In the closing days of a season in which Ulster have finished up empty-handed once more, two men from the province are to the fore in a bid for a domestic-European league-cup double.
Mark McCall and Phil Morrow are the pair in question – Saracens' Director of Rugby and Performance Director respectively and right now they will be hoping their work will bear fruit when their players line out against Toulon in the Heineken Cup final at the Millennium Stadium this evening.
This is part one of their challenge; part two will come next Saturday when Sarries face Northampton Saints at Twickenham in the Aviva Premiership play-off final.
McCall is a proven winner. Having joined Saracens from Castres Olympique as a first team coach in 2009, he was appointed as Director of Rugby in January 2011 when Brendan Venter vacated the position. The season ended with McCall having led Sarries to their first-ever Premiership title.
Were he to bag the Heineken Cup and then add another Premiership a week hence, that would raise the north London club's standing to the most dizzy of heights in English club rugby, for that double has been done only twice before – by Leicester Tigers in 2001 and Wasps in 2004.
With McCall and Morrow being Ulstermen through and through, many on this side of the Irish Sea would be delighted to see the pair complete the first half of their two-part challenge this evening.
The pain of Ulster's controversial elimination at Saracens' hands having eased somewhat in the seven weeks since the sides met in Heineken Cup quarter-final at Ravenhill, now the hope is they can see off the holders. At this stage, few if any Ulster supporters would wish the duo anything other than the best of luck tonight and next Saturday, too.
His background ensures him of his kinsmen's affection. McCall was Ulster's captain when they won the Heineken Cup in 1999, though a neck injury meant he played no part in the triumph over Colomiers in the Lansdowne Road final. When that injury ultimately ended his playing career, the IRFU promptly found gainful employment for the Bangor man, installing him as coach of Ireland Under-21s and Ireland A.
At provincial level, he was Alan Solomons' assistant coach for two seasons before becoming Ulster's head coach in 2004, a position he held for three years.
And, just as had been true of his time as a player, his tenure as a coach yielded silverware.
In 2003, when he was an assistant, his province won the Celtic Cup. In 2006, by which stage he was in charge and had Allen Clarke as his erstwhile lieutenant, he masterminded Ulster's capture of the Magners League.
The fact that Ulster have won nothing since merely underlines the enormity of McCall's achievements.
Following a bad run of defeats, he resigned as Ulster in November 2007. But he learned much from that painful experience and proof of his reinvention as one of the most respected figures in northern hemisphere rugby came last week when he was named the Aviva Premiership's 2013-14 Director of Rugby, pipping shortlisted Richard Cockerill (Leicester Tigers) and Steve Diamond (Sale Sharks) to the coveted prize.
It is the second year in a row that he has won that award.
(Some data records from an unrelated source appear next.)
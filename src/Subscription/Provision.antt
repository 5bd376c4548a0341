-- ===== src/Subscription/Provision.antt =====
-- Users found by their WhatsApp identity and provisioned with a trial (subscription_service.py). The
-- ids, the key's hash and the time of one call are a record of arguments.
pub mod Idempotence
use self_managed_agents.Base.{
  nat_eq, string_eq, option_eq, is_value, ℕ, ◌+◌, String, Bool, true, false, not, ◌&&◌, ◌||◌,
  Option, none, some, List, [], ◌∷◌, map, ◌==◌, ltb, if◌then◌else◌, where_, update, or_empty,
}
use Prim.Native.String.{◌++◌}
use self_managed_agents.Base.Outcome.{
  or_raise, type_error, Outcome, ok, err, ◌>>=◌, ◌>>◌, scalar_one_or_none, scalar_one, first,
}
use self_managed_agents.Base.Text.{strip, without_char}
use self_managed_agents.Subscription.Data.{
  trial, active, User, UserSubscription, SubscriptionPlan, UserApiKey, Db, trial_id, tier_1_id,
  days, truthy,
}
use self_managed_agents.Subscription.Plans.{ensure_default_subscription_plans}

-- what one call draws from outside: uuid4 twice, the hash of a fresh key, and the clock
pub record Fresh : Type 0 where
  pub user_id : ℕ
  pub subscription_id : ℕ
  pub key_id : ℕ
  pub key_hash : String
  pub now : ℕ

-- `or_(User.external_id == x, User.phone_number == x, User.wa_lid == x)`
unfoldable pub has_identity : String → User → Bool
has_identity x u = u.external_id == x || is_value u.phone_number x || is_value u.wa_lid x

abbrev pub new_user : String → ℕ → User
new_user external_id id = record {
  id = id;
  email = without_char b' ' (without_char b'+' external_id) ++ "@wa.placeholder";
  full_name = none;
  phone_number = none;
  wa_lid = none;
  external_id = external_id;
  has_used_trial = false;
  email_verified = false;
}

-- `_create_trial_subscription`; `plan.period_days or 14`
unfoldable pub create_trial_subscription : Fresh → ℕ → Db → Outcome (UserSubscription × Db)
create_trial_subscription fresh user_id db = do
  plan ← scalar_one (where_ (λ p. p.id == trial_id) db.plans)
  let period : ℕ = elim (truthy plan.period_days) [ none ↦ 14 | some n ↦ n ]
  let expires_at = fresh.now + days period
  let sub : UserSubscription = record {
    id = fresh.subscription_id;
    user_id = user_id;
    plan_id = plan.id;
    status = trial;
    token_quota = plan.token_quota;
    tokens_used = 0;
    started_at = fresh.now;
    expires_at = some expires_at;
    grace_until = some (expires_at + days plan.grace_period_days);
  }
  ok (sub, record db { subscriptions = sub ∷ db.subscriptions })

-- `_create_tier1_subscription`; a plan without a period makes `timedelta` raise
unfoldable pub create_tier1_subscription : Fresh → ℕ → Db → Outcome (UserSubscription × Db)
create_tier1_subscription fresh user_id db = do
  plan ← scalar_one (where_ (λ p. p.id == tier_1_id) db.plans)
  period ← or_raise plan.period_days type_error
  let expires_at = fresh.now + days period
  let sub : UserSubscription = record {
    id = fresh.subscription_id;
    user_id = user_id;
    plan_id = plan.id;
    status = active;
    token_quota = plan.token_quota;
    tokens_used = 0;
    started_at = fresh.now;
    expires_at = some expires_at;
    grace_until = some (expires_at + days plan.grace_period_days);
  }
  ok (sub, record db { subscriptions = sub ∷ db.subscriptions })

-- the user of an identity, created where there is none
unfoldable pub find_or_create_user : Fresh → String → Db → Outcome (User × Db)
unfolding has_identity
find_or_create_user fresh external_id db = do
  user ← scalar_one_or_none (where_ (has_identity external_id) db.users)
  elim user [
    | none ↦
        let u = new_user external_id fresh.user_id in ok (u, record db { users = u ∷ db.users })
    | some u ↦ ok (u, db)
  ]

-- `if wa_lid and user.wa_lid != wa_lid: user.wa_lid = wa_lid`
unfoldable pub learn_wa_lid : Option String → User → Db → User × Db
learn_wa_lid wa_lid user db =
    if or_empty wa_lid == "" || user.wa_lid == wa_lid then (user, db) else (
      record user { wa_lid = wa_lid },
      record db {
        users = update (λ u. u.id == user.id) (λ u. record u { wa_lid = wa_lid }) db.users;
      },
    )

-- the subscription of the user, a trial where there is none
unfoldable pub find_or_create_subscription :
    Fresh → User → Db → Outcome (User × UserSubscription × Db)
find_or_create_subscription fresh user db = do
  found ← scalar_one_or_none (where_ (λ s. s.user_id == user.id) db.subscriptions)
  elim found [
    | some sub ↦ ok (user, sub, db)
    | none ↦ create_trial_subscription fresh user.id db >>= λ (sub, db'). ok (
      record user { has_used_trial = true },
      sub,
      record db' {
        users = update (λ u. u.id == user.id) (λ u. record u { has_used_trial = true }) db'.users;
      },
    )
  ]

abbrev pub key_label : String → String
key_label external_id = "wa:" ++ external_id

abbrev pub new_key : Fresh → String → UserSubscription → UserApiKey
new_key fresh external_id sub = record {
  id = fresh.key_id;
  key_hash = fresh.key_hash;
  label = some (key_label external_id);
  expires_at = elim sub.expires_at [ none ↦ fresh.now + days 30 | some t ↦ t ];
  revoked = false;
}

-- one API key to an identity
unfoldable pub ensure_api_key : Fresh → String → UserSubscription → Db → Outcome Db
ensure_api_key fresh external_id sub db = do
  existing ← scalar_one_or_none (where_ (λ k. is_value k.label (key_label external_id)) db.api_keys)
  elim existing [
    | some k ↦ ok db
    | none ↦ ok (record db { api_keys = new_key fresh external_id sub ∷ db.api_keys })
  ]

unfoldable pub get_or_create_wa_user :
    Fresh → String → Option String → Db → Outcome (User × UserSubscription × Db)
get_or_create_wa_user fresh external_id wa_lid db =
    find_or_create_user fresh external_id (ensure_default_subscription_plans db) >>= λ (found, db₁).
    let (user, db₂) = learn_wa_lid wa_lid found db₁ in
    find_or_create_subscription fresh user db₂ >>= λ (owner, sub, db₃).
    ensure_api_key fresh external_id sub db₃ >>= λ db₄. ok (owner, sub, db₄)

-- `get_subscription_by_external_id`
unfoldable pub get_subscription_by_external_id :
    String → Db → Outcome (Option (User × UserSubscription × SubscriptionPlan))
unfolding has_identity
get_subscription_by_external_id external_id db = do
  user ← scalar_one_or_none (where_ (has_identity external_id) db.users)
  elim user [
    | none ↦ ok none
    | some u ↦ scalar_one_or_none (where_ (λ s. s.user_id == u.id) db.subscriptions) >>= λ found.
        elim found [
          | none ↦ ok none
          | some sub ↦ scalar_one (where_ (λ p. p.id == sub.plan_id) db.plans) >>= λ plan.
              ok (some (u, sub, plan))
        ]
  ]

-- `resolve_phone_for_wa_lid`
unfoldable pub resolve_phone_for_wa_lid : Option String → Db → Option String
resolve_phone_for_wa_lid wa_lid db =
    let lid = strip (or_empty wa_lid) in
    if lid == ""
    then none
    else elim (first
        (where_ (λ u. is_value u.wa_lid lid && not (u.phone_number == none)) db.users)) [
          | none ↦ none
          | some u ↦
              let phone = strip (or_empty u.phone_number) in
              if phone == "" then none else some phone
        ]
Phil Winstanley, rugby director at Premiership Rugby, said: "We are very fortunate to have some of the best coaches in the world but that ensured the judging panel had a tough job. All three on the shortlist were presented with their own different challenges and have led their clubs into next season's European Rugby Champions Cup.
"Mark has managed a superb season for Saracens, leading the charge at the top of Aviva Premiership Rugby and steering his side into a Heineken Cup final."
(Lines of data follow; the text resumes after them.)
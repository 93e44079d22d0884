-- ===== src/Mirror.antt =====
-- net/mirror.rs: the mirrors of the download hosts, and the URLs that they offer for one. The parser
-- of URLs (the crate `url`) is an argument.
use rc_launcher.Base.{ℕ, Bool, false, Option, none, some, List, [], ◌∷◌, ◌++◌, leb, if◌then◌else◌}
use rc_launcher.Base.Text.{Text, codes, text_eq, contains, trim_start, trim_end}

-- What the code asks of a parsed URL (`host_str`, `path`, `query`).
pub record Url : Type 0 where
  pub host : Option Text
  pub path : Text
  pub query : Option Text

pub record MirrorSource : Type 0 where
  pub id : Text
  pub name : Text
  pub base_url : Text
  pub path_prefix : Text
  pub hosts : List Text

-- `MOJANG_HOSTS`
unfoldable pub mojang_hosts : List Text
mojang_hosts =
    codes "launcher.mojang.com"
    ∷ codes "launchermeta.mojang.com"
    ∷ codes "piston-meta.mojang.com"
    ∷ codes "piston-data.mojang.com"
    ∷ codes "resources.download.minecraft.net"
    ∷ codes "libraries.minecraft.net"
    ∷ codes "api.mojang.com"
    ∷ codes "authserver.mojang.com"
    ∷ codes "session.minecraft.net"
    ∷ []

-- `MirrorSource::new`
abbrev pub new_source : Text → Text → Text → MirrorSource
new_source id name base_url = record {
  id = id;
  name = name;
  base_url = base_url;
  path_prefix = [];
  hosts = [];
}

unfoldable pub can_mirror : MirrorSource → Text → Bool
can_mirror m host = elim m.hosts [
  | [] ↦ contains host mojang_hosts
  | h ∷ hs ↦ contains host (h ∷ hs)
]

-- `path_part` in `rewrite`
unfoldable pub path_part : Text → Text → Text
path_part [] path = path
path_part (c ∷ prefix) path = b'/' ∷ ((c ∷ prefix) ++ (b'/' ∷ trim_start b'/' path))

abbrev pub query_part : Option Text → Text
query_part none = []
query_part (some q) = b'?' ∷ q

-- The URL on the mirror, of a parsed one that it can serve.
abbrev pub moved : MirrorSource → Url → Text
moved m u =
    trim_end b'/' m.base_url
    ++ (path_part (trim_start b'/' (trim_end b'/' m.path_prefix)) u.path ++ query_part u.query)

module _ (parse : Text → Option Url) where
  unfoldable pub rewrite : MirrorSource → Text → Option Text
  rewrite m url = elim (parse url) [
    | none ↦ none
    | some u ↦ elim u.host [
      | none ↦ none
      | some host ↦ if can_mirror m host then some (moved m u) else none
    ]
  ]

  -- `if let Some(u) = m.rewrite(url) { out.push(u) }`, before what the later mirrors add
  abbrev pub offer : MirrorSource → Text → List Text → List Text
  offer m url later = elim (rewrite m url) [ none ↦ later | some u ↦ u ∷ later ]

  -- The loop over the mirrors that are not the preferred one.
  unfoldable pub offers : Option Text → Text → List MirrorSource → List Text
  offers best url [] = []
  offers best url (m ∷ ms) =
      let later = offers best url ms in if is_best m.id best then later else offer m url later
    where
      is_best : Text → Option Text → Bool
      is_best id none = false
      is_best id (some b) = text_eq id b

-- `MirrorProvider::get`, in its list of mirrors
unfoldable pub find_mirror : Text → List MirrorSource → Option MirrorSource
find_mirror id [] = none
find_mirror id (m ∷ ms) = let later = find_mirror id ms in if text_eq m.id id then some m else later

-- `MirrorProvider`: the mirrors, the preferred one, and the measured latencies
pub record MirrorProvider : Type 0 where
  pub mirrors : List MirrorSource
  pub best : Option Text
  pub latencies : List (Text × ℕ)

-- `MirrorProvider::new`
abbrev pub new_provider : List MirrorSource → MirrorProvider
new_provider mirrors = record { mirrors = mirrors; best = none; latencies = [] }

abbrev pub set_best : Text → MirrorProvider → MirrorProvider
set_best id p = record p { best = some id }

-- `record`, the newest latency of a mirror first
abbrev pub record_latency : Text → ℕ → MirrorProvider → MirrorProvider
record_latency id latency p = record p { latencies = (id, latency) ∷ p.latencies }

-- The mirror that `best_id` and `get` find.
unfoldable pub preferred : MirrorProvider → Option MirrorSource
preferred p = elim p.best [ none ↦ none | some id ↦ find_mirror id p.mirrors ]

unfoldable pub rewrite_best : (Text → Option Url) → MirrorProvider → Text → Option Text
rewrite_best parse p url = elim (preferred p) [ none ↦ none | some m ↦ rewrite parse m url ]

unfoldable pub rewrite_all : (Text → Option Url) → MirrorProvider → Text → List Text
rewrite_all parse p url =
    let others = offers parse p.best url p.mirrors in
    elim (preferred p) [ none ↦ others | some m ↦ offer parse m url others ]

-- `MirrorLatency`, the latency in nanoseconds
pub record MirrorLatency : Type 0 where
  pub id : Text
  pub ok : Bool
  pub latency : ℕ

-- `min_by_key` over the mirrors that answered: the first of the least
unfoldable pub fastest : List MirrorLatency → Option MirrorLatency
fastest [] = none
fastest (m ∷ ms) = elim (fastest ms) [
  | none ↦ if m.ok then some m else none
  | some n ↦ if m.ok then (if leb m.latency n.latency then some m else some n) else some n
]

unfoldable pub select_best : List MirrorLatency → Option Text
select_best measured = elim (fastest measured) [ none ↦ none | some m ↦ some m.id ]

-- What `measure` records: each answer of a mirror, in order.
unfoldable pub record_all : List MirrorLatency → MirrorProvider → MirrorProvider
record_all [] p = p
record_all (m ∷ ms) p = record_all ms (if m.ok then record_latency m.id m.latency p else p)

-- `speed_test` on what the probes measured
unfoldable pub speed_test : List MirrorLatency → MirrorProvider → Option Text × MirrorProvider
speed_test measured p =
    let q = record_all measured p in
    elim (select_best measured) [ none ↦ (none, q) | some id ↦ (some id, set_best id q) ]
The respect and regard in which he is held by his players was reflected in the words of Saracens and England scrum-half Richard Wigglesworth, who said: "He's got an unbelievable knowledge of the game. You can mention any match we've been involved in at any stage in the last three years and he'll know exactly what happened and why."
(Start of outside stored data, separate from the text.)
-- ===== src/Game/Plan.antt =====
-- game/resolve.rs: the plan of what to download for a resolved version, and game/assets.rs. The root
-- of the data directory, the provider of mirrors with the parser of URLs, and the accessors of JSON
-- values (serde_json) are parameters.
pub mod Merged
pub mod Items
use rc_launcher.Base.{
  ℕ, ◌+◌, Bool, true, false, ◌||◌, Option, none, some, List, [], ◌∷◌, ◌++◌, map, ltb, if◌then◌else◌,
}
use rc_launcher.Base.Text.{Text, codes, text_eq, contains, lookup}
use rc_launcher.Download.Manager.{Checksum, sha1}
use rc_launcher.Game.Platform.{Platform}
use rc_launcher.Game.Library.{
  Library, Artifact, is_allowed, artifact_url, maven_path, native_classifier, classifier_url,
}
use rc_launcher.Game.Version.{ResolvedVersion, DownloadInfo, AssetIndexRef, or_else}
use rc_launcher.Game.Path.{PathBuf, path_eq, join}
use rc_launcher.Mirror.{Url, MirrorProvider, rewrite_all}

pub data ArtifactKind : Type 0 where
  client library asset_index asset_object logging : ArtifactKind

-- `PartialEq` of `ArtifactKind`
unfoldable pub kind_eq : ArtifactKind → ArtifactKind → Bool
kind_eq client client = true
kind_eq library library = true
kind_eq asset_index asset_index = true
kind_eq asset_object asset_object = true
kind_eq logging logging = true
kind_eq _ _ = false

pub record DownloadItem : Type 0 where
  pub id : Text
  pub url : Text
  pub mirrors : List Text
  pub dest : PathBuf
  pub checksum : Option Checksum
  pub size : Option ℕ
  pub kind : ArtifactKind

-- The mirrors that are not among the old ones yet, behind them.
unfoldable pub add_mirrors : List Text → List Text → List Text
add_mirrors old [] = old
add_mirrors old (m ∷ ms) = add_mirrors (if contains m old then old else old ++ (m ∷ [])) ms

-- The URL that stays if it is not empty.
abbrev pub or_url : Text → Text → Text
or_url [] url = url
or_url (c ∷ t) url = c ∷ t

-- What `add` makes of an item that is there already.
unfoldable pub complete : DownloadItem → DownloadItem → DownloadItem
complete existing item = record existing {
  checksum = or_else existing.checksum item.checksum;
  size = or_else existing.size item.size;
  url = or_url existing.url item.url;
  mirrors = add_mirrors existing.mirrors item.mirrors;
}

-- `DownloadPlan` is the list of its items; `add` completes the first one of that destination.
unfoldable pub add : List DownloadItem → DownloadItem → List DownloadItem
add [] item = item ∷ []
add (i ∷ is) item =
    let rest = add is item in if path_eq i.dest item.dest then complete i item ∷ is else i ∷ rest

-- `plan.add` of each item
unfoldable pub add_all : List DownloadItem → List DownloadItem → List DownloadItem
add_all plan [] = plan
add_all plan (i ∷ is) = add_all (add plan i) is

unfoldable pub has_path : PathBuf → List PathBuf → Bool
has_path p [] = false
has_path p (q ∷ qs) = let later = has_path p qs in path_eq p q || later

-- The loop of `dedup`, with the destinations that it has seen.
unfoldable pub dedup_after : List PathBuf → List DownloadItem → List DownloadItem
dedup_after seen [] = []
dedup_after seen (i ∷ is) =
    let rest = dedup_after (i.dest ∷ seen) is in
    let without = dedup_after seen is in if has_path i.dest seen then without else i ∷ rest

unfoldable pub dedup : List DownloadItem → List DownloadItem
dedup = dedup_after []

unfoldable pub total_bytes : List DownloadItem → ℕ
total_bytes [] = 0
total_bytes (i ∷ is) = elim i.size [ none ↦ total_bytes is | some n ↦ n + total_bytes is ]

unfoldable pub count_kind : ArtifactKind → List DownloadItem → ℕ
count_kind k [] = 0
count_kind k (i ∷ is) = (if kind_eq i.kind k then 1 else 0) + count_kind k is

-- What the code reads of a JSON value.
pub record Json (V : Type 0) : Type 0 where
  pub get : V → Text → Option V
  pub as_str : V → Option Text
  pub as_u64 : V → Option ℕ

abbrev pub and_then {ℓ κ} : {A : Type ℓ} {B : Type κ} → Option A → (A → Option B) → Option B
and_then none f = none
and_then (some a) f = f a

-- `AssetObject`, and `AssetsIndex` with the entries of its map
pub record AssetObject : Type 0 where
  pub hash : Text
  pub size : ℕ

pub record AssetsIndex : Type 0 where
  pub id : Option Text
  pub objects : List (Text × AssetObject)
  pub map_to_resources : Option Bool

-- `hash.get(..2)`: the first two bytes, if a character ends there
unfoldable pub first_two : Text → Option Text
first_two [] = none
first_two (c ∷ []) = if ltb c 128 then none else if ltb c 2048 then some (c ∷ []) else none
first_two (c ∷ d ∷ t) =
    if ltb c 128
    then (if ltb d 128 then some (c ∷ d ∷ []) else none)
    else if ltb c 2048
    then some (c ∷ [])
    else none

-- `DependencyResolver`
pub record Resolver : Type 0 where
  pub platform : Platform
  pub mirror : MirrorProvider
  pub root : PathBuf

module _ (parse : Text → Option Url) (res : Resolver) where
  -- `DependencyResolver::item`
  unfoldable pub item : Text → Text → PathBuf → Option Text → Option ℕ → ArtifactKind → DownloadItem
  item id url dest hash size kind = record {
    id = id;
    url = url;
    mirrors = rewrite_all parse res.mirror url;
    dest = dest;
    checksum = elim hash [ none ↦ none | some h ↦ some (sha1 h) ];
    size = size;
    kind = kind;
  }

  abbrev pub in_libraries : Text → PathBuf
  in_libraries path = join (join res.root (codes "libraries")) path

  -- The item of a library's main jar, if it has one.
  unfoldable pub main_jar : Library → Option DownloadItem
  main_jar lib = elim (artifact_url lib) [
    | none ↦ none
    | some url ↦
        let art = lib.downloads.artifact in
        some (
          item (codes "library/" ++ lib.name) url (in_libraries (maven_path lib.name none))
            (and_then art (λ a. a.sha1)) (and_then art (λ a. a.size)) library)
  ]

  -- The item of a library's native jar for the platform, if there is one.
  unfoldable pub native_jar : Library → Option DownloadItem
  native_jar lib = and_then (native_classifier lib res.platform) (λ classifier.
      and_then (classifier_url lib classifier) (λ url.
        let art = lookup classifier lib.downloads.classifiers in
        some (
          item (codes "native/" ++ (lib.name ++ (b'/' ∷ classifier))) url
            (in_libraries (maven_path lib.name (some classifier))) (and_then art (λ a. a.sha1))
            (and_then art (λ a. a.size)) library)))

  abbrev pub add_some : List DownloadItem → Option DownloadItem → List DownloadItem
  add_some plan none = plan
  add_some plan (some i) = add plan i

  -- The body of the loop over the libraries.
  unfoldable pub plan_library : List DownloadItem → Library → List DownloadItem
  plan_library plan lib =
      if is_allowed lib res.platform []
      then add_some (add_some plan (main_jar lib)) (native_jar lib)
      else plan

  unfoldable pub plan_libraries : List DownloadItem → List Library → List DownloadItem
  plan_libraries plan [] = plan
  plan_libraries plan (lib ∷ libs) = plan_libraries (plan_library plan lib) libs

  unfoldable pub object_item : Text → AssetObject → Option DownloadItem
  object_item name obj = and_then (first_two obj.hash) (λ prefix.
      let dir = join (join (join res.root (codes "assets")) (codes "objects")) prefix in
      some (
        item (codes "asset/" ++ name)
          (codes "https://resources.download.minecraft.net/" ++ (prefix ++ (b'/' ∷ obj.hash)))
          (join dir obj.hash) (some obj.hash) (some obj.size) asset_object))

  unfoldable pub plan_assets : List (Text × AssetObject) → List DownloadItem
  plan_assets [] = []
  plan_assets ((name, obj) ∷ rest) = elim (object_item name obj) [
    | none ↦ plan_assets rest
    | some i ↦ i ∷ plan_assets rest
  ]

  module _ {V : Type 0} (json : Json V) where
    unfoldable pub client_item : ResolvedVersion V → Option DownloadItem
    client_item r = elim r.downloads.client [
      | none ↦ none
      | some c ↦
          let dir = join (join res.root (codes "versions")) r.id in
          some (
            item (codes "client/" ++ r.id) c.url (join dir (r.id ++ codes ".jar")) c.sha1 c.size
              client)
    ]

    unfoldable pub index_item : ResolvedVersion V → Option DownloadItem
    index_item r = elim r.asset_index [
      | none ↦ none
      | some ai ↦
          let dir = join (join res.root (codes "assets")) (codes "indexes") in
          some (
            item (codes "assetindex/" ++ ai.id) ai.url (join dir (ai.id ++ codes ".json")) ai.sha1
              ai.size asset_index)
    ]

    -- The item of the file that a logging block names.
    unfoldable pub logging_file : V → Option DownloadItem
    logging_file file = and_then (and_then (json.get file (codes "url")) json.as_str) (λ url.
        and_then (and_then (json.get file (codes "id")) json.as_str) (λ id.
          let dir = join (join res.root (codes "assets")) (codes "log_configs") in
          some (
            item (codes "logging/" ++ id) url (join dir (id ++ codes ".xml"))
              (and_then (json.get file (codes "sha1")) json.as_str)
              (and_then (json.get file (codes "size")) json.as_u64) logging)))

    unfoldable pub logging_item : ResolvedVersion V → Option DownloadItem
    logging_item r = and_then r.logging (λ l.
        and_then (and_then (json.get l (codes "client")) (λ c. json.get c (codes "file")))
          logging_file)

    unfoldable pub build_plan : ResolvedVersion V → List DownloadItem
    build_plan r =
        let head = add_some (add_some [] (client_item r)) (index_item r) in
        dedup (add_some (plan_libraries head r.libraries) (logging_item r))

    unfoldable pub build_full_plan : ResolvedVersion V → AssetsIndex → List DownloadItem
    build_full_plan r assets = dedup (add_all (build_plan r) (plan_assets assets.objects))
And Wigglesworth's club and country team-mate, centre Brad Barritt, endorsed McCall by adding: "With rugby you can often have too much information. The ability to select certain points is key and the method of delivery under Mark is impeccable. He is second to none in terms of the fine detail he puts in."
Then, lauding another of the DoR's attributes, Barritt added: "Mark has been unbelievable as director of rugby. One of the core traits at Saracens is humility – and he has that in spades."
Like McCall, Performance Director Morrow learned much of what he knows on this side of the pond, having previously held strength and conditioning and high performance posts at Ulster and Ireland levels.
With this being the stage when issues are decided, he believes that it is now the value of the work done in pre-season and throughout the campaign can be seen.
Morrow reflected: "When we started out we used to just flog players; professionalism was still in its infancy in the sport and, I suppose, we didn't know what we were doing as much as we do now.
"But now we monitor the players a lot more closely and we try to make it more specific for what they have to do during the games."
Between them McCall and Morrow already have delivered much as a double act. And tonight in Cardiff, part one of another double is up for grabs.